PROBLEM DETAILS: Retrieve every line of the data holding the word "IsSwitch".

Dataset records
* * * *

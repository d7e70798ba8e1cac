-- ===== src/Types/Union.antt =====
-- The two ways in which the generated code of a union finds the arm of a discriminant.
use xdrpp.Common.{ℕ, ◌≡◌, ◌≢◌, refl, arith, true, Option, none, some, List, [], ◌∷◌}
use xdrpp.Types.{
  UnionField, contains, default_field, labelled_field, number_from, field_number, with_mem_ptr,
}

-- What a C++ compiler asks of a `switch`: no label stands in two arms, and one arm at most is the
-- default.
unfoldable pub IsSwitch : List UnionField → Type 0
IsSwitch [] = Unit
IsSwitch (f ∷ fs) =
    ((which : ℕ) → contains f.cases which ≡ true → labelled_field fs which ≡ none)
    × (f.has_default ≡ true → default_field fs ≡ none)
    × IsSwitch fs

abbrev pub fieldno_of : Option UnionField → Option ℕ
fieldno_of none = none
fieldno_of (some f) = some f.fieldno

abbrev or_default : Option UnionField → Option UnionField → Option UnionField
or_default (some f) d = some f
or_default none d = d

number_from-no_default :
    (def : Option UnionField) (fs : List UnionField) (which : ℕ)
    → default_field fs ≡ none
    → number_from def fs which ≡ fieldno_of (or_default (labelled_field fs which) def)
unfolding number_from labelled_field
number_from-no_default none [] which h = refl
number_from-no_default (some d) [] which h = refl
number_from-no_default def (f ∷ fs) which h = ground (arith, number_from-no_default def fs which)

-- In a union whose `switch` a C++ compiler accepts, `_xdr_field_number` gives the number of the arm
-- that `_xdr_with_mem_ptr` visits, and -1 exactly where that visits none.
pub field_number-with_mem_ptr :
    (fs : List UnionField) (which : ℕ)
    → IsSwitch fs
    → field_number fs which ≡ fieldno_of (with_mem_ptr fs which)
unfolding field_number with_mem_ptr IsSwitch
field_number-with_mem_ptr [] which h = refl
field_number-with_mem_ptr (f ∷ fs) which h = ground (
  arith,
  h.0 which,
  number_from-no_default (some f) fs which,
  field_number-with_mem_ptr fs which h.2,
)

number_from-some :
    (d : UnionField) (fs : List UnionField) (which : ℕ) → number_from (some d) fs which ≢ none
unfolding number_from
number_from-some d [] which e = cc
number_from-some d (f ∷ fs) which e =
    ground (arith, number_from-some d fs which, number_from-some f fs which)

-- In any union: where there is an arm to visit, there is a field number.
pub field_number-ne-none :
    (fs : List UnionField) (which : ℕ) → with_mem_ptr fs which ≢ none → field_number fs which ≢ none
unfolding field_number with_mem_ptr
field_number-ne-none [] which h e = h refl
field_number-ne-none (f ∷ fs) which h e =
    ground (arith, number_from-some f fs which, field_number-ne-none fs which)

pub with_mem_ptr-ne-none :
    (fs : List UnionField) (which : ℕ) → field_number fs which ≢ none → with_mem_ptr fs which ≢ none
unfolding field_number with_mem_ptr
with_mem_ptr-ne-none [] which h e = h refl
with_mem_ptr-ne-none (f ∷ fs) which h e = ground (arith, with_mem_ptr-ne-none fs which)
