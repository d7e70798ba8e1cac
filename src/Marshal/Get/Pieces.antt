-- ===== src/Marshal/Get/Pieces.antt =====
-- The loops of `xdr_get` over elements, fields and the active arm, for an archive that reads back
-- what the encoding of RFC4506 says.
use xdrpp.Common.{
  ℕ, ◌+◌, ◌^◌, ◌≤◌, ◌<◌, ◌≡◌, ◌≢◌, refl, arith, true, false, Option, none, some, List, [], ◌∷◌,
  ◌++◌, length, length-append, append_assoc,
}
use xdrpp.Common.Result.{Res, ok}
use xdrpp.Types.{
  Ty, boolean, enumeration, word, kind, Val, num, Vals, nil, cons, size, UnionField, from_uint,
  check_position,
}
use xdrpp.Marshal.Words.{be32}
use xdrpp.Marshal.Get.{check, get_elems, get_fields, get_field, get_active, check_discriminant}
use xdrpp.Marshal.Put.Encode.{
  InRange, AllFit, FieldsFit, FieldFits, ActiveFits, encode_elems, encode_fields, encode_field,
  encode_active,
}

pub check_lem : (n : ℕ) (bs rest : List ℕ) → n ≤ length bs → check n (bs ++ rest) ≡ ok (bs ++ rest)
unfolding check
check_lem n bs rest h = ground (arith, length-append bs rest)

pub from_uint_lem : (t : Ty) (u : ℕ) → InRange t u → from_uint t u ≡ ok u
unfolding from_uint
from_uint_lem boolean u h = ground arith
from_uint_lem (enumeration tags true) u h = rw h
from_uint_lem (enumeration tags false) u h = refl
from_uint_lem _ u h = refl

abbrev pub Archive : Type 0
Archive = Ty → List ℕ → Res (Val × List ℕ)

abbrev pub Gets : (Ty → Val → Type 0) → (Ty → Val → List ℕ) → Archive → Type 0
Gets P enc ar = (t : Ty) (v : Val) (rest : List ℕ) → P t v → ar t (enc t v ++ rest) ≡ ok (v, rest)

module _ (P : Ty → Val → Type 0) (enc : Ty → Val → List ℕ) (ar : Archive)
    (gets : Gets P enc ar) where
  pub get_elems_lem :
      (bound : ℕ) (t : Ty) (vs : Vals) (i : ℕ) (rest : List ℕ)
      → i + size vs ≤ bound
      → AllFit (P t) vs
      → get_elems bound (ar t) (size vs) i (encode_elems (enc t) vs ++ rest) ≡ ok (vs, rest)
  unfolding get_elems check_position
  get_elems_lem bound t nil i rest h f = refl
  get_elems_lem bound t (cons v vs) i rest h f = ground (
    arith,
    append_assoc (enc t v) (encode_elems (enc t) vs) rest,
    gets t v (encode_elems (enc t) vs ++ rest) f.0,
    get_elems_lem bound t vs (i + 1) rest (omega arith) f.1,
  )

  pub get_fields_lem :
      (ts : List Ty) (vs : Vals) (rest : List ℕ)
      → FieldsFit P ts vs
      → get_fields ar ts (encode_fields enc ts vs ++ rest) ≡ ok (vs, rest)
  unfolding get_fields
  get_fields_lem [] nil rest f = refl
  get_fields_lem [] (cons v vs) rest f = absurd f
  get_fields_lem (t ∷ ts) nil rest f = absurd f
  get_fields_lem (t ∷ ts) (cons v vs) rest f =
      rw
        (
          append_assoc (enc t v) (encode_fields enc ts vs) rest,
          gets t v (encode_fields enc ts vs ++ rest) f.0,
        )
        (rw (get_fields_lem ts vs rest f.1))

  get_field_lem :
      (decl : Option Ty) (vs : Vals) (rest : List ℕ)
      → FieldFits P decl vs
      → get_field ar decl (encode_field enc decl vs ++ rest) ≡ ok (vs, rest)
  unfolding get_field
  get_field_lem none nil rest f = refl
  get_field_lem none (cons v vs) rest f = absurd f
  get_field_lem (some t) nil rest f = absurd f
  get_field_lem (some t) (cons v nil) rest f = rw (gets t v rest f)
  get_field_lem (some t) (cons v (cons u vs)) rest f = absurd f

  pub get_active_lem :
      (a : Option UnionField) (vs : Vals) (rest : List ℕ)
      → ActiveFits P a vs
      → get_active ar a (encode_active enc a vs ++ rest) ≡ ok (vs, rest)
  unfolding get_active
  get_active_lem none vs rest f = absurd f
  get_active_lem (some a) vs rest f = get_field_lem a.decl vs rest f

pub ActiveFits-ne-none :
    (P : Ty → Val → Type 0) (a : Option UnionField) (vs : Vals) → ActiveFits P a vs → a ≢ none
ActiveFits-ne-none P none vs f e = f
ActiveFits-ne-none P (some a) vs f e = cc

pub check_discriminant_lem : (k : Option ℕ) → k ≢ none → check_discriminant k ≡ ok tt
unfolding check_discriminant
check_discriminant_lem none h = absurd (h refl)
check_discriminant_lem (some k) h = refl

abbrev pub GetsWords : Archive → Type 0
GetsWords ar =
    (t : Ty) (u : ℕ) (rest : List ℕ)
    → kind t ≡ word
    → u < 2 ^ 32
    → InRange t u
    → ar t (be32 u ++ rest) ≡ ok (num u, rest)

* * * *

ANSWER SECTION:
unfoldable pub IsSwitch : List UnionField → Type 0
IsSwitch [] = Unit
IsSwitch (f ∷ fs) =
    × IsSwitch fs
    → IsSwitch fs
unfolding field_number with_mem_ptr IsSwitch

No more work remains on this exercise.